## Task goal
Set down exactly, with nothing added, the lines from the one containing "run->>= S (done a) f w es = refl" through the end of the entries.

## Supplied entries
++++++++++

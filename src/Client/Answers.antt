-- ===== src/Client/Answers.antt =====
-- Runs in sequence, and commands on an open connection that the server answers.
use filehub_cloud.Base.{true, Option, none, some, List, ◌∷◌, Text, ◌≡◌, refl, ap}
use filehub_cloud.Client.Link.{
  Link, done, crash, time, connect, command, format, free, ◌>>=◌, Event, sent, Reply, Hiredis, run,
}
use filehub_cloud.Client.Connecting.{CacheConn, guarded, after_init, cache_init, checked}

abbrev pub Ending : (S : Hiredis) → Type 0 → Type 0
Ending S A = Option A × S.World × List Event

-- A run that goes on from where another ended.
abbrev pub continue : (S : Hiredis) {A B : Type 0} → (A → Link B) → Ending S A → Ending S B
continue S f (none, w, es) = (none, w, es)
continue S f (some a, w, es) = run S (f a) w es

pub run->>= :
    (S : Hiredis) {A B : Type 0} (p : Link A) (f : A → Link B) (w : S.World) (es : List Event)
    → run S (p >>= f) w es ≡ continue S f (run S p w es)
unfolding run ◌>>=◌
run->>= S (done a) f w es = refl
run->>= S crash f w es = refl
run->>= S (time k) f w es = run->>= S (k _) f _ _
run->>= S (connect ip port k) f w es = run->>= S (k _) f _ _
run->>= S (command words k) f w es = run->>= S (k _) f _ _
run->>= S (format s k) f w es = run->>= S (k _) f _ _
run->>= S (free p) f w es = run->>= S p f _ _

-- An answer on an open connection is read, and nothing else is sent.
pub guarded_answered :
    (S : Hiredis) (w : S.World) (es : List Event) (c : CacheConn) {A : Type 0} (early lost : A)
    (words : List Text) (read : Reply → A) (a : Reply)
    → c.context ≡ true
    → (S.on_command words w).0 ≡ some a
    → run S (guarded early lost words read c) w es
      ≡ (some (read a, c), (S.on_command words w).1, sent words ∷ es)
unfolding run guarded after_init cache_init checked ◌>>=◌
guarded_answered S w es c early lost words read a opened answered = rw opened (
    ap
      (λ r.
        run S (checked lost read (record c { context = true }) r) (S.on_command words w).1
          (sent words ∷ es))
      answered)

++++++++++

## Exercise response
run->>= S (done a) f w es = refl
run->>= S crash f w es = refl
run->>= S (time k) f w es = run->>= S (k _) f _ _
run->>= S (connect ip port k) f w es = run->>= S (k _) f _ _
run->>= S (command words k) f w es = run->>= S (k _) f _ _
run->>= S (format s k) f w es = run->>= S (k _) f _ _
run->>= S (free p) f w es = run->>= S p f _ _

-- An answer on an open connection is read, and nothing else is sent.
pub guarded_answered :
    (S : Hiredis) (w : S.World) (es : List Event) (c : CacheConn) {A : Type 0} (early lost : A)
    (words : List Text) (read : Reply → A) (a : Reply)
    → c.context ≡ true
    → (S.on_command words w).0 ≡ some a
    → run S (guarded early lost words read c) w es
      ≡ (some (read a, c), (S.on_command words w).1, sent words ∷ es)
unfolding run guarded after_init cache_init checked ◌>>=◌
guarded_answered S w es c early lost words read a opened answered = rw opened (
    ap
      (λ r.
        run S (checked lost read (record c { context = true }) r) (S.on_command words w).1
          (sent words ∷ es))
      answered)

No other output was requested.